Task statement —
An exact reproduction of all entries is required.

Entries supplied —
-- ===== src/Semaphore.antt =====
-- src/semaphore.rs: the futex-based `Semaphore`, one atomic access at a time.
pub mod Inv
pub mod Moves
pub mod Permits
pub mod Calls
pub mod Labels
pub mod Refines
pub mod Arriving
pub mod Progress
pub mod Workers
pub mod Suite
mod Tests
use atomics_for_peace_and_sy.Base.{
  ℕ, ◌+◌, ◌-◌, ◌%◌, ◌^◌, Bool, true, false, ◌&&◌, not, List, ltb, ◌==◌, if◌then◌else◌,
}
use atomics_for_peace_and_sy.Futex.{AtomicWait, Wake, silent, one, Program}

pub record Semaphore : Type 0 where
  pub count : ℕ  -- AtomicU32
  pub num_waiting : ℕ  -- AtomicU32

abbrev pub u32_mod : ℕ
u32_mod = 2 ^ 32

-- `Semaphore::new`
abbrev pub new : ℕ → Semaphore
new initial_count = record { count = initial_count; num_waiting = 0 }

-- What the last call returned.
pub data Outcome : Type 0 where
  no_call : Outcome
  waited : Outcome
  signalled : Outcome
  returned : Bool → Outcome  -- of `try_wait` and `try_wait_duration`

-- Where a thread stands. `timed` tells `try_wait_duration` from `try_wait`.
pub data Pc : Type 0 where
  outside : Outcome → Pc
  announce : Pc  -- the increment of `num_waiting`
  load_count : Pc  -- the load at the head of the loop in `wait`
  wait_call : Pc  -- the call of `wait`, after a load of 0
  sleeping : Pc
  exchange : (count : ℕ) → Pc
  retire : Pc  -- the decrement of `num_waiting`
  clock : Pc  -- the test of the deadline in `try_wait_duration`
  try_load : (timed : Bool) → Pc
  try_exchange : (timed : Bool) → (count : ℕ) → Pc
  add : Pc  -- the increment of `count` in `signal`
  load_waiting : Pc  -- the load of `num_waiting` in `signal`
  wake : Pc  -- the call of `wake_one`

-- A thread. What it took from `count` and added to it so far is written down for the theorems; the
-- code has no such numbers.
pub record Thread : Type 0 where
  pub taken : ℕ
  pub given : ℕ
  pub at : Pc

pub data Choice : Type 0 where
  call_wait : Choice
  call_try_wait : Choice
  call_try_wait_duration : Choice
  call_signal : Choice
  proceed : Choice
  fail_spuriously : Choice
  deadline_passed : Choice

-- the semaphore, the thread, and whom the step wakes
abbrev pub Next : Type 0
Next = Semaphore × Thread × Wake

abbrev pub weak_fails : Choice → Bool
weak_fails fail_spuriously = true
weak_fails _ = false

abbrev pub is_late : Choice → Bool
is_late deadline_passed = true
is_late _ = false

abbrev goto : Semaphore → Thread → Pc → Next
goto m t p = (m, record t { at = p }, silent)

client : Choice → Semaphore → Thread → Next
client call_wait m t = goto m t announce
client call_try_wait m t = goto m t (try_load false)
client call_try_wait_duration m t = goto m t clock
client call_signal m t = goto m t add
client proceed m t = (m, t, silent)
client fail_spuriously m t = (m, t, silent)
client deadline_passed m t = (m, t, silent)

-- where `try_wait` goes when it has no permit: it returns false, or `try_wait_duration` goes on
abbrev pub refused : Bool → Pc
refused timed = if timed then clock else outside (returned false)

-- the exchange of a count for the next lower one
abbrev take : Bool → ℕ → Semaphore → Thread → (won lost : Pc) → Next
take fails count m t won lost =
    if m.count == count && not fails
    then (record m { count = count - 1 }, record t { taken = t.taken + 1; at = won }, silent)
    else goto m t lost

module _ (futex : AtomicWait) where
  step_at : Choice → Semaphore → Thread → Pc → Next
  unfolding client
  step_at c m t (outside last) = client c m t
  step_at c m t announce =
      goto (record m { num_waiting = (m.num_waiting + 1) % u32_mod }) t load_count
  step_at c m t load_count = goto m t (if m.count == 0 then wait_call else exchange m.count)
  step_at c m t wait_call = goto m t (if futex.blocks m.count 0 then sleeping else load_count)
  step_at c m t sleeping = goto m t load_count
  step_at c m t (exchange count) = take (weak_fails c) count m t retire load_count
  step_at c m t retire =
      goto (record m { num_waiting = (m.num_waiting + u32_mod - 1) % u32_mod }) t (outside waited)
  step_at c m t clock = goto m t (if is_late c then outside (returned false) else try_load true)
  step_at c m t (try_load timed) =
      goto m t (if m.count == 0 then refused timed else try_exchange timed m.count)
  step_at c m t (try_exchange timed count) =
      take (weak_fails c) count m t (outside (returned true)) (refused timed)
  step_at c m t add = (
    record m { count = (m.count + 1) % u32_mod },
    record t { given = t.given + 1; at = load_waiting },
    silent,
  )
  step_at c m t load_waiting = goto m t (if ltb 0 m.num_waiting then wake else outside signalled)
  step_at c m t wake = (m, record t { at = outside signalled }, one 0)

  pub step : ℕ → Choice → Semaphore → Thread → Next
  unfolding step_at
  step i c m t = step_at c m t t.at

-- Everybody sleeps on `count`, which is atomic 0 here.
abbrev pub asleep : ℕ → Thread → Bool
asleep a t = elim t.at [ sleeping ↦ a == 0 | _ ↦ false ]

abbrev pub woken : Thread → Thread
woken t = record t { at = load_count }

abbrev pub program : AtomicWait → Program Semaphore Thread Choice
program futex = record { step = step futex; asleep = asleep; woken = woken }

Answer below —
-- ===== src/Semaphore.antt =====
-- src/semaphore.rs: the futex-based `Semaphore`, one atomic access at a time.
pub mod Inv
pub mod Moves
pub mod Permits
pub mod Calls
pub mod Labels
pub mod Refines
pub mod Arriving
pub mod Progress
pub mod Workers
pub mod Suite
mod Tests
use atomics_for_peace_and_sy.Base.{
  ℕ, ◌+◌, ◌-◌, ◌%◌, ◌^◌, Bool, true, false, ◌&&◌, not, List, ltb, ◌==◌, if◌then◌else◌,
}
use atomics_for_peace_and_sy.Futex.{AtomicWait, Wake, silent, one, Program}

pub record Semaphore : Type 0 where
  pub count : ℕ  -- AtomicU32
  pub num_waiting : ℕ  -- AtomicU32

abbrev pub u32_mod : ℕ
u32_mod = 2 ^ 32

-- `Semaphore::new`
abbrev pub new : ℕ → Semaphore
new initial_count = record { count = initial_count; num_waiting = 0 }

-- What the last call returned.
pub data Outcome : Type 0 where
  no_call : Outcome
  waited : Outcome
  signalled : Outcome
  returned : Bool → Outcome  -- of `try_wait` and `try_wait_duration`

-- Where a thread stands. `timed` tells `try_wait_duration` from `try_wait`.
pub data Pc : Type 0 where
  outside : Outcome → Pc
  announce : Pc  -- the increment of `num_waiting`
  load_count : Pc  -- the load at the head of the loop in `wait`
  wait_call : Pc  -- the call of `wait`, after a load of 0
  sleeping : Pc
  exchange : (count : ℕ) → Pc
  retire : Pc  -- the decrement of `num_waiting`
  clock : Pc  -- the test of the deadline in `try_wait_duration`
  try_load : (timed : Bool) → Pc
  try_exchange : (timed : Bool) → (count : ℕ) → Pc
  add : Pc  -- the increment of `count` in `signal`
  load_waiting : Pc  -- the load of `num_waiting` in `signal`
  wake : Pc  -- the call of `wake_one`

-- A thread. What it took from `count` and added to it so far is written down for the theorems; the
-- code has no such numbers.
pub record Thread : Type 0 where
  pub taken : ℕ
  pub given : ℕ
  pub at : Pc

pub data Choice : Type 0 where
  call_wait : Choice
  call_try_wait : Choice
  call_try_wait_duration : Choice
  call_signal : Choice
  proceed : Choice
  fail_spuriously : Choice
  deadline_passed : Choice

-- the semaphore, the thread, and whom the step wakes
abbrev pub Next : Type 0
Next = Semaphore × Thread × Wake

abbrev pub weak_fails : Choice → Bool
weak_fails fail_spuriously = true
weak_fails _ = false

abbrev pub is_late : Choice → Bool
is_late deadline_passed = true
is_late _ = false

abbrev goto : Semaphore → Thread → Pc → Next
goto m t p = (m, record t { at = p }, silent)

client : Choice → Semaphore → Thread → Next
client call_wait m t = goto m t announce
client call_try_wait m t = goto m t (try_load false)
client call_try_wait_duration m t = goto m t clock
client call_signal m t = goto m t add
client proceed m t = (m, t, silent)
client fail_spuriously m t = (m, t, silent)
client deadline_passed m t = (m, t, silent)

-- where `try_wait` goes when it has no permit: it returns false, or `try_wait_duration` goes on
abbrev pub refused : Bool → Pc
refused timed = if timed then clock else outside (returned false)

-- the exchange of a count for the next lower one
abbrev take : Bool → ℕ → Semaphore → Thread → (won lost : Pc) → Next
take fails count m t won lost =
    if m.count == count && not fails
    then (record m { count = count - 1 }, record t { taken = t.taken + 1; at = won }, silent)
    else goto m t lost

module _ (futex : AtomicWait) where
  step_at : Choice → Semaphore → Thread → Pc → Next
  unfolding client
  step_at c m t (outside last) = client c m t
  step_at c m t announce =
      goto (record m { num_waiting = (m.num_waiting + 1) % u32_mod }) t load_count
  step_at c m t load_count = goto m t (if m.count == 0 then wait_call else exchange m.count)
  step_at c m t wait_call = goto m t (if futex.blocks m.count 0 then sleeping else load_count)
  step_at c m t sleeping = goto m t load_count
  step_at c m t (exchange count) = take (weak_fails c) count m t retire load_count
  step_at c m t retire =
      goto (record m { num_waiting = (m.num_waiting + u32_mod - 1) % u32_mod }) t (outside waited)
  step_at c m t clock = goto m t (if is_late c then outside (returned false) else try_load true)
  step_at c m t (try_load timed) =
      goto m t (if m.count == 0 then refused timed else try_exchange timed m.count)
  step_at c m t (try_exchange timed count) =
      take (weak_fails c) count m t (outside (returned true)) (refused timed)
  step_at c m t add = (
    record m { count = (m.count + 1) % u32_mod },
    record t { given = t.given + 1; at = load_waiting },
    silent,
  )
  step_at c m t load_waiting = goto m t (if ltb 0 m.num_waiting then wake else outside signalled)
  step_at c m t wake = (m, record t { at = outside signalled }, one 0)

  pub step : ℕ → Choice → Semaphore → Thread → Next
  unfolding step_at
  step i c m t = step_at c m t t.at

-- Everybody sleeps on `count`, which is atomic 0 here.
abbrev pub asleep : ℕ → Thread → Bool
asleep a t = elim t.at [ sleeping ↦ a == 0 | _ ↦ false ]

abbrev pub woken : Thread → Thread
woken t = record t { at = load_count }

abbrev pub program : AtomicWait → Program Semaphore Thread Choice
program futex = record { step = step futex; asleep = asleep; woken = woken }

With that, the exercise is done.